Observability¶
The DevOps / GitOps Platform is instrumented end to end so that every commit, build, release, and reconciliation is observable. Telemetry is emitted via OpenTelemetry and Serilog (ConnectSoft.Extensions.Observability, ConnectSoft.Extensions.Telemetry) and flows into the Observability & Feedback Platform.
Target Architecture — Final-State Design
All signals carry the required dimensions below so they can be correlated across services and with the broader factory lifecycle via a single traceId.
Required Dimensions¶
Every log line, metric, span, and event carries these dimensions:
| Dimension | Source | Purpose |
|---|---|---|
traceId |
Envelope / span context | End-to-end correlation from artifact to runtime |
tenantId |
Tenant context | Tenant-scoped filtering and isolation |
projectId |
Operation scope | Per-project views |
moduleId |
Operation scope | Per-module delivery health |
environment |
Release/promotion context | dev / test / staging / prod segmentation |
correlationId |
Envelope | Workflow/saga correlation |
Logs¶
- Structured JSON logs via Serilog, enriched with the required dimensions and actor identity.
- Pipeline and build logs are streamed to Blob and tailed live over gRPC; structured summaries are logged per stage.
- Log levels are governed centrally; sensitive values are masked (see Security).
Metrics¶
| Metric | Type | Dimensions | Use |
|---|---|---|---|
devops.commits.total |
counter | tenant, project, module | Commit throughput |
devops.pullrequests.open |
gauge | tenant, project | Review backlog |
devops.pipeline.run.duration |
histogram | tenant, module, status | Build performance |
devops.build.success.rate |
gauge | tenant, module | Build health |
devops.release.lead.time |
histogram | tenant, module, environment | Commit-to-deploy lead time (DORA) |
devops.deployment.frequency |
counter | tenant, environment | Deployment frequency (DORA) |
devops.change.failure.rate |
gauge | tenant, environment | Change failure rate (DORA) |
devops.mttr |
histogram | tenant, environment | Mean time to restore (DORA) |
devops.gitops.drift |
gauge | tenant, environment | Drift incidents |
devops.iac.apply.duration |
histogram | tenant, environment | Pulumi apply time |
Traces¶
- Distributed traces span the full delivery flow; each service and worker is a span linked by
traceId/correlationId. - gRPC streams (run logs, sync state) propagate context so live tails are correlated to their parent trace.
- Traces tie back to the originating artifact and forward to runtime signals, enabling prompt-to-production trace stitching.
Dashboards¶
- Delivery Health — DORA metrics (lead time, deployment frequency, change failure rate, MTTR) per tenant/module/environment.
- Pipeline Overview — run durations, success rates, queue times, flaky-test signals.
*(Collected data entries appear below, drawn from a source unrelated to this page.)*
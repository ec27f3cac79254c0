-- ===== src/DataPlane/Ready.antt =====
-- images/dataplane/src/main.rs: what a probe of the admin port learns of a running process.
use argon.Prelude.{
  list_beq, ◌≡◌, refl, ap, ◌∙◌, inl, inr, Bool, true, false, ◌||◌, arith, if◌then◌else◌, nat_eq,
  list_eq,
}
use argon.Text.{codes}
use argon.Atomics.{Heap}
use argon.Cluster.{Counters}
use argon.Certs.{Tls}
use argon.Http.{Http, Request}
use argon.Admin.{echo}
use argon.Grpc.Connect.{Connector}
use argon.Grpc.Stream.{cancel}
use argon.Grpc.Stream.Opening.{opens, step-Raises}
use argon.Process
use argon.Process.{launch}
use argon.Process.Managing.{Manages, step-Manages}
use argon.Grpc.Start.{start, is_ready}
use argon.DataPlane.{
  Main, DataPlane, launched, Step, proceeds, refuses, selects, enters, leaves, Reach, here, next,
}

module _ (http : Http) (counters : Counters) (tls : Tls) where
  abbrev State : Type 0
  State = DataPlane http counters tls

  abbrev opens_in : Process.Event → Bool
  opens_in (Process.Event.manager e) = opens counters http.header_name tls e
  opens_in e = false

  abbrev opens_by : {d d' : State} → Step http counters tls d d' → Bool
  opens_by (proceeds e p nobody s same) = opens_in e
  opens_by t = false

  -- The run has an event at which the control plane accepts a watch.
  abbrev pub opened : {d d' : State} → Reach http counters tls d d' → Bool
  opened here = false
  opened (next r s) = opens_by s || opened r

  process-Raises :
      (e : Process.Event) (p q : Main http counters tls)
      → Manages counters http.header_name tls e p q
      → q.manager.ready ≡ (opens_in e || p.manager.ready)
  process-Raises (Process.Event.manager e) p q s =
      step-Raises counters http.header_name tls e p.manager q.manager s
  process-Raises Process.Event.proceed p q (inl same) = ground arith
  process-Raises Process.Event.proceed p q (inr s) =
      step-Raises counters http.header_name tls cancel p.manager q.manager s
  process-Raises Process.Event.signal p q same = ground arith
  process-Raises (Process.Event.http e) p q same = ground arith
  process-Raises (Process.Event.https e) p q same = ground arith

  Step-ready :
      (d d' : State) (s : Step http counters tls d d')
      → d'.process.manager.ready ≡ (opens_by s || d.process.manager.ready)
  Step-ready d d' (proceeds e p nobody s same) =
      ap (λ (x : State). x.process.manager.ready) same
      ∙ process-Raises e d.process p (step-Manages counters http.header_name tls e d.process p s)
  Step-ready d d' (refuses seen on_tls req h resp s same) =
      ap (λ (x : State). x.process.manager.ready) same
  Step-ready d d' (selects seen on_tls req h sel s same) =
      ap (λ (x : State). x.process.manager.ready) same
  Step-ready d d' (enters before counter after at same) =
      ap (λ (x : State). x.process.manager.ready) same
  Step-ready d d' (leaves before guard after at same) =
      ap (λ (x : State). x.process.manager.ready) same

  Reach-ready :
      (c : Connector) (h : Heap) (d : State)
      (run : Reach http counters tls (launched http counters tls c h) d)
      → d.process.manager.ready ≡ opened run
  unfolding launch start
  Reach-ready c h d here = refl
  Reach-ready c h d (next {u} r s) =
      Step-ready u d s ∙ ap (λ (b : Bool). opens_by s || b) (Reach-ready c h u r)

  readyz-status :
      (req : Request http) (ready : Bool)
      → req.method ≡ codes "GET"
      → http.uri_path req.uri ≡ codes "/readyz"
      → (echo http req ready).status ≡ (if ready then 200 else 503)
  unfolding echo list_beq
  readyz-status req true get path = rw (get, path) refl
  readyz-status req false get path = rw (get, path) refl

  -- In every state that the process reaches from its launch, a GET of /readyz is answered with 200
  -- if the control plane has accepted a watch since the launch, and with 503 if it has not: what is
  -- lost later changes nothing.
  pub Reach-probe :
      (c : Connector) (h : Heap) (d : State)
      (run : Reach http counters tls (launched http counters tls c h) d) (req : Request http)
      → req.method ≡ codes "GET"
      → http.uri_path req.uri ≡ codes "/readyz"
      → (echo http req (is_ready counters http.header_name tls d.process.manager)).status
        ≡ (if opened run then 200 else 503)
  unfolding is_ready
  Reach-probe c h d run req get path =
      readyz-status req d.process.manager.ready get path
      ∙ ap (λ (b : Bool). if b then 200 else 503) (Reach-ready c h d run)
- Release & Promotion — releases by state, approval latency, promotion success, rollback counts.
- GitOps Status — sync state and drift per environment, reconciliation latency.
- Infrastructure — Pulumi apply durations, resource change counts, drift detections.
Alerts¶
| Alert | Condition | Routing |
|---|---|---|
| Build success rate drop | devops.build.success.rate < threshold over window |
DevOps Engineer agent + incident |
| Release stuck | ReleasePlan in PendingApproval/Promoting beyond SLA |
Release Manager agent + Studio banner |
| Deployment failure | DeploymentPromoted failed / rollback executed |
Deployment Orchestrator agent + incident |
| Persistent drift | GitOps sync Degraded beyond reconcile window |
Environment Manager agent + incident |
| Dead-letter growth | DLQ depth rising on any topic | On-call + replay tooling |
| IaC apply failure | Pulumi apply error | Cloud Provisioner agent + incident |
Feedback Loop¶
- All telemetry feeds the Observability & Feedback Platform, which closes the loop back to agents and the Knowledge Platform — for example, recurring build failures inform future generation.
Pillar Alignment¶
- Observability — comprehensive logs, metrics, and traces with mandatory correlation dimensions.
- Traceability —
traceIdcorrelation spans artifact → commit → build → release → runtime. - Autonomy — alerts route to the responsible agent first, escalating to humans only when needed.